Un voyage prévu dans l’espace
Concrètement, les Allemands ont élaboré une urine spécifique, en partie humaine et en partie synthétique. Cela leur permet de contrôler précisément la composition du liquide. De la pierre ponce abrite des bactéries capables de « digérer » l’urine et convertir l’ammoniaque qu’elle contient en nitrites et sels de nitrates. Voilà l’engrais.
Reste maintenant à confirmer ces résultats dans des conditions aussi proches de la vie sur Mars que possible. La NASA a lancé les recherches sur la pomme de terre dans un centre au sud du Pérou, au cœur du désert de la Pampa de la Joya, où le sol est très proche de celui de la planète rouge.

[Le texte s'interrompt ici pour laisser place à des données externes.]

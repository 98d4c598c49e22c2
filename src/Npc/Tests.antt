-- ===== src/Npc/Tests.antt =====
-- The theorems on npc/ applied to small messages.
mod Server
use gomcpack.Prelude.{
  ℕ, zero, suc, ◌<◌, ◌≡◌, refl, none, some, List, [], ◌∷◌, ◌++◌, arith, take, drop, replicate,
}
use gomcpack.Go.{done, eof, ok, Error}
use gomcpack.Go.Slice.{Bytes}
use gomcpack.Npc.Header.{Header, header_magicnum, unmarshal, marshal}
use gomcpack.Npc.Header.Layout.{IsHeader}
use gomcpack.Npc.Header.RoundTrip.{AreBytes, header-marshal, header-unmarshal}
use gomcpack.Npc.Message.{
  Writer, zero_header, write_request, new_request, read_request, read_response,
}
use gomcpack.Npc.Message.Frames.{wrote, request_header, read_request-write_request}
use gomcpack.Npc.Serve.{serve}
use gomcpack.Npc.Serve.Loop.{IsHandler, AreRequests, stream, answers, serve-stream}
use gomcpack.Npc.Serve.Total.{serve-total}
use gomcpack.Npc.Call.{empty_writer, plain, reply_message, call-reply}
use gomcpack.Prelude.{Option, inl, inr, Bool-cases, bytes_eq, bytes_eq_refl, length}
use gomcpack.Npc.Client.{Client, lookup, with_conn, put_free_conn, get_free_conn, close}
use gomcpack.Npc.Client.Pool.{
  IsPool, with_conn-IsPool, get_free_conn-put_free_conn, get_free_conn-close,
}
use gomcpack.Go.{Returns}
use gomcpack.Npc.Selector.{set_servers, resolve_all, resolve, has_slash, pick_server}
use gomcpack.Npc.Selector.Picked.{Picks, pick_server-set_servers}

abbrev ping : Bytes
ping = b'p' ∷ b'i' ∷ []

abbrev pong : Header → Bytes → Bytes
pong h body = b'p' ∷ body

-- It reads one byte of the body.
abbrev reads_one : Header → Bytes → ℕ
reads_one h body = 1

abbrev ping_header : Header
ping_header = record zero_header { log_id = 7; magic_num = header_magicnum; body_len = 2 }

ping_header-IsHeader : IsHeader ping_header
ping_header-IsHeader = record {
  id_bound = omega arith;
  version_bound = omega arith;
  log_id_bound = omega arith;
  provider_length = refl;
  magic_num_bound = omega arith;
  reserved_bound = omega arith;
  body_len_bound = omega arith;
}

keeps_provider : IsHandler (plain pong reads_one)
keeps_provider h own body p = p

abbrev requests : List (Header × Bytes)
requests = (ping_header, ping) ∷ (ping_header, ping) ∷ []

are_requests : AreRequests requests
are_requests = (ping_header-IsHeader, refl, refl, (ping_header-IsHeader, refl, refl, tt))

serve-stream_example :
    serve 3 (plain pong reads_one) (stream requests) empty_writer
    ≡ done (eof, wrote empty_writer (answers (plain pong reads_one) requests))
serve-stream_example =
    serve-stream (plain pong reads_one) requests empty_writer 3 keeps_provider are_requests refl
      (omega arith)

serve-total_example :
    (e : Error) × (w' : Writer) × (serve 3 (plain pong reads_one) ping empty_writer ≡ done (e, w'))
serve-total_example =
    serve-total (plain pong reads_one) ping empty_writer 3 keeps_provider
      (omega arith, (omega arith, tt)) (omega arith)

call-reply_example :
    (sent : Bytes) × (answered : Bytes) × (write_request (new_request 7 (some ping)) empty_writer
      ≡ done (none, wrote empty_writer sent))
    × (serve 2 (plain pong reads_one) sent empty_writer ≡ done (eof, wrote empty_writer answered))
    × (read_response answered
        ≡ done (ok (reply_message (request_header 7 ping) (pong (request_header 7 ping) ping)), []))
call-reply_example =
    call-reply pong reads_one 7 ping (omega arith) (omega arith) (omega arith) (omega arith)

read_request-write_request_example :
    (xs : Bytes) × (write_request (new_request 7 (some ping)) empty_writer
      ≡ done (none, wrote empty_writer xs))
    × (read_request (xs ++ 9 ∷ []) ≡ done (ok (request_header 7 ping), ping ++ 9 ∷ []))
    × ((request_header 7 ping).body_len ≡ 2)
read_request-write_request_example =
    read_request-write_request 7 ping (9 ∷ []) empty_writer (omega arith) (omega arith) refl

header-marshal_example :
    (b' : Bytes) × (marshal ping_header (replicate 37 1) ≡ done (none, b'))
    × (unmarshal zero_header b' ≡ done (none, ping_header))
    × (drop 36 b' ≡ 1 ∷ [])
header-marshal_example =
    header-marshal ping_header zero_header (replicate 37 1) ping_header-IsHeader refl

-- Bytes that are all one number.
replicate-AreBytes : (n x : ℕ) → x < 256 → AreBytes (replicate n x)
replicate-AreBytes zero x h = tt
replicate-AreBytes (suc n) x h = (h, replicate-AreBytes n x h)

header-unmarshal_example :
    (h : Header) × IsHeader h
    × (unmarshal zero_header (replicate 37 1) ≡ done (none, h))
    × (marshal h (replicate 36 0) ≡ done (none, take 36 (replicate 37 1) ++ []))
header-unmarshal_example =
    header-unmarshal zero_header (replicate 37 1) (replicate 36 0) refl (omega arith)
      (replicate-AreBytes 37 1 (omega arith)) (omega arith)

-- One idle connection for one address.
abbrev pool : Client
pool = record { freeconn = (ping, 5 ∷ []) ∷ []; closed = [] }

pool-IsPool : IsPool pool
unfolding lookup
pool-IsPool a = elim (Bool-cases (bytes_eq ping a)) [
  | inl e ↦ rw e (omega arith)
  | inr e ↦ rw e (omega arith)
]

pool-lookup : lookup ping pool.freeconn ≡ [] ++ 5 ∷ []
unfolding lookup
pool-lookup = rw (bytes_eq_refl ping) refl

abbrev fails : ℕ → Option Error
fails cn = some eof

with_conn-IsPool_example :
    (e : Option Error) × (c' : Client) × (with_conn (ok ping) (ok 6) fails pool ≡ done (e, c'))
    × IsPool c'
with_conn-IsPool_example = with_conn-IsPool (ok ping) (ok 6) fails pool pool-IsPool

has_room : length (lookup ping pool.freeconn) < 2
has_room = rw pool-lookup (omega arith)

get_free_conn-put_free_conn_example :
    (c' : Client) × (get_free_conn ping (put_free_conn ping 6 pool) ≡ done (some 6, c'))
    × (lookup ping c'.freeconn ≡ lookup ping pool.freeconn)
get_free_conn-put_free_conn_example = get_free_conn-put_free_conn ping 6 pool has_room

get_free_conn-close_example :
    (c' : Client) × (xs : List ℕ) × (ys : List ℕ) × (get_free_conn ping (close pool)
      ≡ done (some 5, c'))
    × (c'.closed ≡ xs ++ 5 ∷ ys)
get_free_conn-close_example = get_free_conn-close ping [] 5 pool pool-lookup

-- A resolver that gives the server itself, and a random number that is always 0.
abbrev itself : Bytes → Returns Bytes
itself server = ok server

abbrev always_zero : ℕ → ℕ
always_zero n = 0

set_servers_run : set_servers itself itself (ping ∷ ping ∷ []) [] ≡ (none, ping ∷ ping ∷ [])
unfolding set_servers resolve_all resolve has_slash
set_servers_run = refl

pick_server-set_servers_example :
    Picks itself itself (ping ∷ ping ∷ []) (pick_server always_zero (ping ∷ ping ∷ []))
pick_server-set_servers_example =
    pick_server-set_servers itself itself always_zero (ping ∷ ping ∷ []) [] (ping ∷ ping ∷ [])
      (λ n h. h) set_servers_run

L’Agence spatiale allemande, elle, parie sur un partenariat avec Space-X. Elle prévoit de lancer un satellite peuplé de plusieurs petites serres et de 16 caméras. A 600 km d’altitude, les tomates seront soumises à une gravité lunaire, puis martienne, sous l’œil attentif des chercheurs. Elles y germeront et pousseront à l’aide d’un éclairage LED qui simulera l’alternance entre jour et nuit.
« La ligne d’arrivée est en vue, se félicite la DLR dans un communiqué paru en 2016. Le satellite et sa cargaison scientifiques décolleront à bord du Falcon 9 au deuxième semestre de 2017. » L’histoire ne dit pas qui sera chargé de goûter les tomates à leur retour sur Terre.